No Brasil, em geral, o curso de enfermagem universitário
constitui 4860 horas, realizadas em dez semestres (que podem chegar a 14,
conforme a necessidade), ou seja: o estudante universitário no Brasil tem cinco anos para fazer mais ou menos o
mesmo número de horas do curso de “auxiliar de enfermagem” de três anos na Alemanha. Sim, digo “Auxiliar de enfermagem”, pois
o enfermeiro (que não é enfermeiro aqui) não tem competência para fazer nem a
metade das técnicas de um técnico de enfermagem no Brasil. Aí eu fico me
perguntando para que tantas horas teóricas e práticas se no curso daqui o cara
não aprende muito mais que fazer camas, limpar bundas e servir sopas? Tá, fui
maldosa agora! Podem me xingar! O enfermeiro na Alemanha não tem autorização
para quase nada em termos de procedimentos, pois claro, apesar das mil horas de curso, ele não aprende
técnicas mais complexas (tanto em relação a procedimentos com paciente quanto
ao manuseio de aparelhagem hospitalar). Técnicas simples como a punção de uma
veia são destinadas ao médico - ou ao enfermeiro em alguns casos - desde que
esse tenha capacitação para tanto - ou seja, um curso de especialização que ele
faz após o curso de enfermagem (que não é enfermagem).
A enfermagem na Alemanha se concentra no cuidado ao
paciente em suas necessidades básicas: alimentação, higiene, conforto...
Necessidades importantíssimas ao indivíduo (e ainda mais ao acamado/doente/paciente),
portanto, um serviço essencial, mas lamentavelmente não muito valorizado.
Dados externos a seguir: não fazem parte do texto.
-- ===== src/Commit/Advance.antt =====
-- The installation of one output, from the journal's intent to the file at its target.
use libopod.Base.{
  ℕ, suc, ◌≤◌, ◌<◌, ◌≡◌, inl, inr, refl, sym, ap, ◌∙◌, true, false, none, some, arith,
}
use mathlib.Core.Path.{subst}
use native.Mathlib.Decide.{dec_lt}
use libopod.Base.Tests.{le→leb, ◌==◌, ==_iff, Bool-cases}
use libopod.Commit.State.{File, Slot, World, TransactionPhase, installing, fingerprint_matches}
use libopod.Commit.Replace.{update_slot}
use libopod.Commit.Invariant.{
  Edit, at_update, update_slot_same, SlotOk, untouched, added, replaced, InPhase, IsRecoverable,
  in_progress, total, items,
}

module _ (e : Edit) where
  abbrev I : World → Type 0
  I = IsRecoverable e

  -- an output that is installed: it is in its place, and its original is in the backup
  pub data Done (i : ℕ) (s : Slot) : Type 0 where
    new_file :
        e.old i ≡ none
        → s.live ≡ some (e.new i)
        → fingerprint_matches e.sha256 (some (e.new i)) (items e i).output ≡ true
        → s.backup ≡ none
        → Done i s
    moved :
        (file : File)
        → e.old i ≡ some file
        → s.live ≡ some (e.new i)
        → fingerprint_matches e.sha256 (some (e.new i)) (items e i).output ≡ true
        → s.backup ≡ some file
        → Done i s

  abbrev pub Fresh : ℕ → Slot → Type 0
  Fresh i s = (s.live ≡ e.old i) × (s.backup ≡ none)

  pub Done-SlotOk :
      (phase : TransactionPhase) (n i : ℕ) (s : Slot)
      → i < n
      → Done i s
      → SlotOk e.sha256 phase n i (items e i) (e.old i) (e.new i) s.live s.backup
  Done-SlotOk phase n i s lt (new_file was l m b) = added lt was l m b
  Done-SlotOk phase n i s lt (moved file was l m b) = replaced file lt was l m b

  -- the outputs before `index` are installed, the others are not begun
  pub record Progress (index : ℕ) (w : World) : Type 0 where
    pub at : InPhase e installing index w
    pub done : (i : ℕ) → i < index → Done i (w.slots i)
    pub fresh : (i : ℕ) → index ≤ i → i < total e → Fresh i (w.slots i)

  pub Progress-IsRecoverable : (index : ℕ) (w : World) → index ≤ total e → Progress index w → I w
  Progress-IsRecoverable index w le p = in_progress installing index (record {
    at = p.at;
    open_phase = refl;
    counts = rw (le→leb index (total e) le) refl;
    each = λ i lt. elim (dec_lt i index) [
      | yes below ↦ Done-SlotOk installing index i (w.slots i) below (p.done i below)
      | no above ↦
          let le : index ≤ i = omega arith in untouched le (p.fresh i le lt).0 (p.fresh i le lt).1
    ];
  })

  -- the output at `index` is begun, and its files are `s`
  pub record Begun (index : ℕ) (s : Slot) (w : World) : Type 0 where
    pub at : InPhase e installing (suc index) w
    pub done : (i : ℕ) → i < index → Done i (w.slots i)
    pub fresh : (i : ℕ) → suc index ≤ i → i < total e → Fresh i (w.slots i)
    pub here : w.slots index ≡ s

  pub Begun-update :
      (index : ℕ) (s : Slot) (w : World) (f : Slot → Slot)
      → Begun index s w
      → Begun index (f s) (update_slot index f w)
  Begun-update index s w f b = record {
    at = record { number = b.at.number; there = b.at.there; written = b.at.written };
    done =
        at_update (λ i t. i < index → Done i t) w index f (λ lt. absurd (omega arith))
          λ i _. b.done i;
    fresh =
        at_update (λ i t. suc index ≤ i → i < total e → Fresh i t) w index f
          (λ le lt. absurd (omega arith)) λ i _. b.fresh i;
    here = update_slot_same w index f ∙ ap f b.here;
  }

  module _ (index : ℕ) (lt : index < total e) where
    abbrev pub Intermediate : Slot → Type 0
    Intermediate s =
        SlotOk e.sha256 installing (suc index) index (items e index) (e.old index) (e.new index)
          s.live s.backup

    pub Begun-IsRecoverable : (s : Slot) (w : World) → Intermediate s → Begun index s w → I w
    Begun-IsRecoverable s w ok b = in_progress installing (suc index) (record {
      at = b.at;
      open_phase = refl;
      counts = rw (le→leb (suc index) (total e) lt) refl;
      each = λ i small. elim (dec_lt i index) [
        | yes below ↦
            Done-SlotOk installing (suc index) i (w.slots i) (omega arith) (b.done i below)
        | no above ↦ elim (Bool-cases (i == index)) [
          | inl same ↦
              let eq = (==_iff i index).0 same in
              subst
                (λ k.
                  SlotOk e.sha256 installing (suc index) k (items e k) (e.old k) (e.new k)
                    (w.slots k).live (w.slots k).backup)
                (sym eq)
                (subst
                  (λ t.
                    SlotOk e.sha256 installing (suc index) index (items e index) (e.old index)
                      (e.new index) t.live t.backup)
                  (sym b.here) ok)
          | inr other ↦
              let le : suc index ≤ i = after i index above other in
              untouched le (b.fresh i le small).0 (b.fresh i le small).1
        ]
      ];
    })
      where
        after : (i k : ℕ) → (i < k → ⊥) → (i == k) ≡ false → suc k ≤ i
        after i k h o = ground arith

    pub Begun-Progress :
        (s : Slot) (w : World) → Done index s → Begun index s w → Progress (suc index) w
    Begun-Progress s w d b = record {
      at = b.at;
      done = λ i small. elim (dec_lt i index) [
        | yes below ↦ b.done i below
        | no above ↦
            let eq : i ≡ index = omega arith in
            subst (λ k. Done k (w.slots k)) (sym eq) (subst (Done index) (sym b.here) d)
      ];
      fresh = b.fresh;
    }

    pub Progress-Begun :
        (w : World)
        → Progress index w
        → Begun index (w.slots index) (record w {
          journal_temporary = false;
          journal =
              some (record { phase = installing; installed = suc index; staging = e.staging });
        })
    Progress-Begun w p = record {
      at = record { number = p.at.number; there = p.at.there; written = refl };
      done = p.done;
      fresh = λ i le small. p.fresh i (omega arith) small;
      here = refl;
    }
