-- ===== src/Commit/Cleanup.antt =====
-- What the removal of a transaction's temporaries and of its directory passes through.
use libopod.Base.{
  ℕ, zero, suc, ◌≤◌, ◌<◌, ◌≡◌, ◌⊎◌, inl, inr, refl, ◌∙◌, Option, none, List, [], ◌∷◌, true, false,
  arith,
}
use libopod.Commit.State.{
  File, Output, TransactionJournal, Slot, World, TransactionPhase, committed, rolled_back,
}
use libopod.Commit.Effects.{Ends, Ends-bind, Ends-change, Ends-change_last}
use libopod.Commit.Replace.{
  update_slot, with_temporary, drop_backup, remove_backups, remove_transaction_directory,
}
use libopod.Commit.Recover.{cleanup_outputs, cleanup_interrupted_temporaries}
use libopod.Commit.Invariant.{
  Edit, at_update, InPhase, IsRecoverable, scaffold, kept, undone, AllOld, AllNew, NoBackups,
  IsSettled, total,
}

module _ (e : Edit) (E : World → Type 0) where
  abbrev I : World → Type 0
  I = IsRecoverable e

  cleanup_outputs-Ends :
      (P : World → Type 0)
      → ((v : World) → P v → I v)
      → ((v : World) (i : ℕ) → P v → P (update_slot i (with_temporary none) v))
      → (index : ℕ) (os : List Output) (w : World) → P w
      → Ends I E (λ _ v. P v) (cleanup_outputs index os w)
  unfolding cleanup_outputs
  cleanup_outputs-Ends P safe stable index [] w h = (tt, h)
  cleanup_outputs-Ends P safe stable index (o ∷ os) w h =
      Ends-change I E _ _ _ w (safe w h)
        (cleanup_outputs-Ends P safe stable (suc index) os _ (stable w index h))

  pub cleanup-Ends :
      (P : World → Type 0)
      → ((v : World) → P v → I v)
      → ((v : World) (i : ℕ) → P v → P (update_slot i (with_temporary none) v))
      → ((v : World) → P v → P (record v { journal_temporary = false }))
      → (j : TransactionJournal) (w : World) → P w
      → Ends I E (λ _ v. P v) (cleanup_interrupted_temporaries j w)
  unfolding cleanup_interrupted_temporaries
  cleanup-Ends P safe stable clear j w h =
      Ends-bind I E (λ _ v. P v) _ (cleanup_outputs 0 j.staging.outputs) _ w
        (cleanup_outputs-Ends P safe stable 0 j.staging.outputs w h)
        λ _ v p. Ends-change_last I E _ _ v (safe v p) (clear v p)

  -- what holds of every slot's live file and backup, does not depend on the temporaries
  pub temporary-each :
      (Q : ℕ → Option File → Option File → Type 0) (w : World) (k : ℕ) (t : Option File)
      → ((i : ℕ) → Q i (w.slots i).live (w.slots i).backup)
      → (i : ℕ)
      → Q i
          ((update_slot k (with_temporary t) w).slots i).live
          ((update_slot k (with_temporary t) w).slots i).backup
  temporary-each Q w k t h =
      at_update (λ i s. Q i s.live s.backup) w k (with_temporary t) (h k) λ i _. h i

  -- a transaction that is over but for its directory
  pub data IsTerminal (w : World) : Type 0 where
    all_new : InPhase e committed (total e) w → AllNew e w → IsTerminal w
    all_old : (n : ℕ) → n ≤ total e → InPhase e rolled_back n w → AllOld e w → IsTerminal w

  pub IsTerminal-IsRecoverable : (w : World) → IsTerminal w → I w
  IsTerminal-IsRecoverable w (all_new at h) = kept at h
  IsTerminal-IsRecoverable w (all_old n le at h) = undone n le at h

  IsTerminal-facts :
      (w : World)
      → IsTerminal w
      → (w.targets ≡ total e) × (w.directory ≡ true) × (AllOld e w ⊎ AllNew e w)
  IsTerminal-facts w (all_new at h) = (at.number, at.there, inr h)
  IsTerminal-facts w (all_old n le at h) = (at.number, at.there, inl h)

  -- the same journal, and the same files in their places
  pub IsTerminal-same :
      (v w : World)
      → v.targets ≡ w.targets
      → v.directory ≡ w.directory
      → v.journal ≡ w.journal
      → ((i : ℕ) → (v.slots i).live ≡ (w.slots i).live)
      → IsTerminal w
      → IsTerminal v
  IsTerminal-same v w t d j l (all_new at h) =
      all_new (same at) λ i lt. (l i ∙ (h i lt).0, (h i lt).1)
    where
      same : {phase : TransactionPhase} {n : ℕ} → InPhase e phase n w → InPhase e phase n v
      same at = record { number = t ∙ at.number; there = d ∙ at.there; written = j ∙ at.written }
  IsTerminal-same v w t d j l (all_old n le at h) =
      all_old n le
        (record { number = t ∙ at.number; there = d ∙ at.there; written = j ∙ at.written })
        λ i lt. l i ∙ h i lt

  live-update :
      (w : World) (k : ℕ) (f : Slot → Slot)
      → ((s : Slot) → (f s).live ≡ s.live)
      → (i : ℕ) → ((update_slot k f w).slots i).live ≡ (w.slots i).live
  live-update w k f h i =
      at_update (λ i s. s.live ≡ (w.slots i).live) w k f (h (w.slots k)) (λ i _. refl) i

  -- the files at the targets, as they were
  abbrev pub SameLive : World → World → Type 0
  SameLive w v = (i : ℕ) → (v.slots i).live ≡ (w.slots i).live

  remove_backups-Ends :
      (n : ℕ) (w : World)
      → IsTerminal w
      → Ends I E
          (λ _ v. IsTerminal v × SameLive w v × ((i : ℕ) → i < n → (v.slots i).backup ≡ none))
          (remove_backups n w)
  unfolding remove_backups
  remove_backups-Ends zero w h = (tt, (h, (λ i. refl), λ i lt. absurd (omega arith)))
  remove_backups-Ends (suc n) w h =
      Ends-bind I E
        (λ _ v. IsTerminal v × SameLive w v × ((i : ℕ) → i < n → (v.slots i).backup ≡ none)) _
        (remove_backups n) _ w (remove_backups-Ends n w h)
        λ _ v p.
          let same = live-update v n drop_backup λ s. refl in
          Ends-change_last I E _ (update_slot n drop_backup) v (IsTerminal-IsRecoverable v p.0) (
            IsTerminal-same (update_slot n drop_backup v) v refl refl refl same p.0,
            (λ i. same i ∙ p.1 i),
            at_update (λ i s. i < suc n → s.backup ≡ none) v n drop_backup (λ _. refl)
                λ i other lt. p.2 i (below i n lt other),
          )
    where
      below : (i n : ℕ) → i < suc n → (i ≡ n → ⊥) → i < n
      below i n lt other = ground arith

  -- the journal is the last file of the directory to go
  pub remove_transaction_directory-Ends :
      (w : World)
      → IsTerminal w
      → Ends I E (λ _ v. IsSettled e v × SameLive w v) (remove_transaction_directory w)
  unfolding remove_transaction_directory
  remove_transaction_directory-Ends w h =
      Ends-bind I E
        (λ _ v. IsTerminal v × SameLive w v × ((i : ℕ) → i < w.targets → (v.slots i).backup ≡ none))
        _ (remove_backups w.targets) _ w (remove_backups-Ends w.targets w h)
        λ _ v p.
          let (number, there, files) = IsTerminal-facts v p.0 in
          let same = (IsTerminal-facts w h).0 in
          let empty : NoBackups e v = λ i lt. p.2 i (omega (arith, lt, same)) in
          Ends-change I E _ (λ v. record v { journal_temporary = false }) _ v
            (IsTerminal-IsRecoverable v p.0)
            (Ends-change I E _ (λ v. record v { journal = none }) _
              (record v { journal_temporary = false })
              (IsTerminal-IsRecoverable (record v { journal_temporary = false })
                (IsTerminal-same (record v { journal_temporary = false }) v refl refl refl
                  (λ i. refl) p.0))
              (Ends-change_last I E _ (λ v. record v { directory = false })
                (record v { journal_temporary = false; journal = none })
                (scaffold number there refl empty files) ((number, refl, refl, files), p.1)))
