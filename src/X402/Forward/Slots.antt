-- ===== src/X402/Forward/Slots.antt =====
-- The numbers in the first two slots of a route of tools/x402-bridge/mesh-control.ts.
use semantos_edge.Base.{
  ℕ, ◌+◌, ◌^◌, ◌≤◌, ◌<◌, ◌≡◌, refl, ap, ◌∙◌, true, Option, none, some, List, [], ◌∷◌, ◌++◌, ◌==◌,
  ==_iff, Bool-cases, inl, inr, leb, length, take, arith,
}
use semantos_edge.Base.Bytes.{slice}
use semantos_edge.Base.Writes.{
  Writes, fill, Fits, is_clear, length-fill, slice-fill_field, fill-append, length-take_le,
  Fits-append, is_clear-append, get_or-slice,
}
use semantos_edge.Cell.Words.{le32, read_u32}
use semantos_edge.Cell.Wire.Minted.{read_u32-slice}
use semantos_edge.X402.Forward.{Commitment}
use semantos_edge.X402.Forward.Route.{
  route_bytes, cert_writes, segment_writes, slot_writes, commitment_writes,
}

-- A word of a part is the word of the array.
pub read_u32-part :
    (b : List ℕ) (from n i k : ℕ)
    → i ≡ from + k
    → k + 4 ≤ n
    → read_u32 b i ≡ read_u32 (slice from n b) k
unfolding read_u32
read_u32-part b from n i k e h =
    let g0 = get_or-slice from n i k 0 b e (omega arith) in
    let g1 = get_or-slice from n (i + 1) (k + 1) 0 b (omega arith) (omega arith) in
    let g2 = get_or-slice from n (i + 2) (k + 2) 0 b (omega arith) (omega arith) in
    let g3 = get_or-slice from n (i + 3) (k + 3) 0 b (omega arith) (omega arith) in
    rw (g0, g1, g2, g3) refl

cert_writes-Fits : (off : ℕ) (hash : Option (List ℕ)) → Fits (cert_writes off hash)
unfolding cert_writes
cert_writes-Fits off none = tt
cert_writes-Fits off (some hash) = elim (Bool-cases (length hash == 32)) [
  | inl e ↦ let size = (==_iff (length hash) 32).0 e in rw e (omega arith, tt)
  | inr e ↦ rw e tt
]

cert_writes-clear :
    (off : ℕ) (hash : Option (List ℕ)) (from n : ℕ)
    → from + n ≤ off + 36
    → is_clear from n (cert_writes off hash) ≡ true
unfolding cert_writes
cert_writes-clear off none from n h = refl
cert_writes-clear off (some hash) from n h = elim (Bool-cases (length hash == 32)) [
  | inl e ↦ let before : leb (from + n) (off + 36) ≡ true = ground arith in rw e (rw before refl)
  | inr e ↦ rw e refl
]

module _ (m1 m2 : List ℕ) (c1 c2 : Commitment) (z : List ℕ) (long : length z ≡ 296) where
  all : Writes
  all = segment_writes 4 0 (m1 ∷ m2 ∷ []) ++ commitment_writes 4 0 (c1 ∷ c2 ∷ [])

  words-Fits : (off : ℕ) (c : Commitment) (ws : Writes) → Fits ws → Fits (slot_writes off c ++ ws)
  words-Fits off c ws f =
      let four : 4 ≤ 4 = omega arith in
      (
        length-take_le 16 c.channel_id,
        (
          four,
          (
            four,
            (
              four,
              (
                four,
                (
                  four,
                  Fits-append (cert_writes off c.cert_hash) ws (cert_writes-Fits off c.cert_hash) f,
                ),
              ),
            ),
          ),
        ),
      )

  all-Fits : Fits all
  unfolding all
  all-Fits = (
    length-take_le 6 m1,
    (length-take_le 6 m2, words-Fits 24 c1 (slot_writes 92 c2 ++ []) (words-Fits 92 c2 [] tt)),
  )

  second-clear :
      (from : ℕ) → from + 4 ≤ 128 → is_clear from 4 (cert_writes 92 c2.cert_hash ++ []) ≡ true
  second-clear from h =
      is_clear-append from 4 (cert_writes 92 c2.cert_hash) []
        (cert_writes-clear 92 c2.cert_hash from 4 h) refl

  pub slot_words :
      c1.seq < 2 ^ 32
      → c1.share < 2 ^ 32
      → c2.seq < 2 ^ 32
      → c2.share < 2 ^ 32
      → (read_u32 (route_bytes (m1 ∷ m2 ∷ []) (c1 ∷ c2 ∷ []) z) 40 ≡ c1.seq)
        × (read_u32 (route_bytes (m1 ∷ m2 ∷ []) (c1 ∷ c2 ∷ []) z) 44 ≡ c1.share)
        × (read_u32 (route_bytes (m1 ∷ m2 ∷ []) (c1 ∷ c2 ∷ []) z) 108 ≡ c2.seq)
        × (read_u32 (route_bytes (m1 ∷ m2 ∷ []) (c1 ∷ c2 ∷ []) z) 112 ≡ c2.share)
  unfolding route_bytes all
  slot_words u1 h1 u2 h2 =
      let rest : Writes = slot_writes 92 c2 ++ [] in
      let cert1 : Writes = cert_writes 24 c1.cert_hash in
      let clear40 : is_clear 40 4 (cert1 ++ rest) ≡ true =
        is_clear-append 40 4 cert1 rest (cert_writes-clear 24 c1.cert_hash 40 4 (omega arith))
          (second-clear 40 (omega arith)) in
      let clear44 : is_clear 44 4 (cert1 ++ rest) ≡ true =
        is_clear-append 44 4 cert1 rest (cert_writes-clear 24 c1.cert_hash 44 4 (omega arith))
          (second-clear 44 (omega arith)) in
      let front : Writes = (0, 6, take 6 m1) ∷ (6, 6, take 6 m2) ∷ slot_writes 24 c1 in
      let b : List ℕ = fill front z in
      let size = length-fill front z in
      let split : fill all z ≡ fill rest b = fill-append front rest z in
      let fits2 = words-Fits 92 c2 [] tt in
      (
        read_u32-slice _ 40 c1.seq u1
            (slice-fill_field 3 40 4 (le32 c1.seq) all z refl refl all-Fits clear40 (omega arith)),
        read_u32-slice _ 44 c1.share h1 (
            slice-fill_field 4 44 4 (le32 c1.share) all z refl refl all-Fits clear44 (omega arith)),
        read_u32-slice _ 108 c2.seq u2 (
            ap (slice 108 4) split
            ∙ slice-fill_field 1 108 4 (le32 c2.seq) rest b refl refl fits2
                (second-clear 108 (omega arith)) (omega arith)),
        read_u32-slice _ 112 c2.share h2 (
            ap (slice 112 4) split
            ∙ slice-fill_field 2 112 4 (le32 c2.share) rest b refl refl fits2
                (second-clear 112 (omega arith)) (omega arith)),
      )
Ao tentar validar meu diploma de Técnica de enfermagem
na Alemanha para começar a trabalhar direto aqui (santa inocência) esperei
quase seis meses pelo processo burocrático. A questão é que dei entrada nos
meus papeis mais ou menos na mesma época em que os refugiados deram entrada no
país, e devido a isso, tudo por aqui ficou mais lento. Nesse meio tempo (quer
dizer, meio ano) prestei serviço voluntário em um hospital evangélico da cidade
no setor de idosos com Alzheimer. Foi nessa oportunidade, antes de começar o
curso, que já percebi as diferenças entre a enfermagem alemã e brasileira, mas
embora a surpresa (negativa), uma parte dessa experiência foi gratificante,
pois os velhinhos que conheci fizeram tudo valer a pena (tema para algum Post futuro).
Tanta espera e custos para receber um aval inesperado
e decepcionante: do meu diploma de Técnico de enfermagem o governo alemão validou
apenas algumas poucas horas, oferecendo-me a oportunidade de reduzir um dos
três anos de curso se eu resolvesse iniciá-lo aqui (mas para isso eu teria que
fazer uma prova correspondente a 800 horas de teoria, e claro, aprová-la com
louvor). Se um peido para quem já está cagado é indiferente, pensei: “Quem estuda
dois anos de curso, estuda três!”, e otimista, mandei meu currículo para o
curso de enfermagem da Cruz Vermelha.
Mas não basta apenas o cara ir lá e se matricular em
um curso, não! A partir do momento da inscrição (inscrever-se não significa que
você está dentro), eles chamam o candidato para uma entrevista, e esse deve
estar preparado para vender seu peixe, dizendo por que do interesse no curso,
quais suas qualidades e aptidões, e blá blá, blá. O meu problema pessoal é que
para aprender o básico, voltando a fazer um curso que eu já fiz e aprender um
trabalho que já trabalhei, estou demasiadamente adiantada, velha, impaciente...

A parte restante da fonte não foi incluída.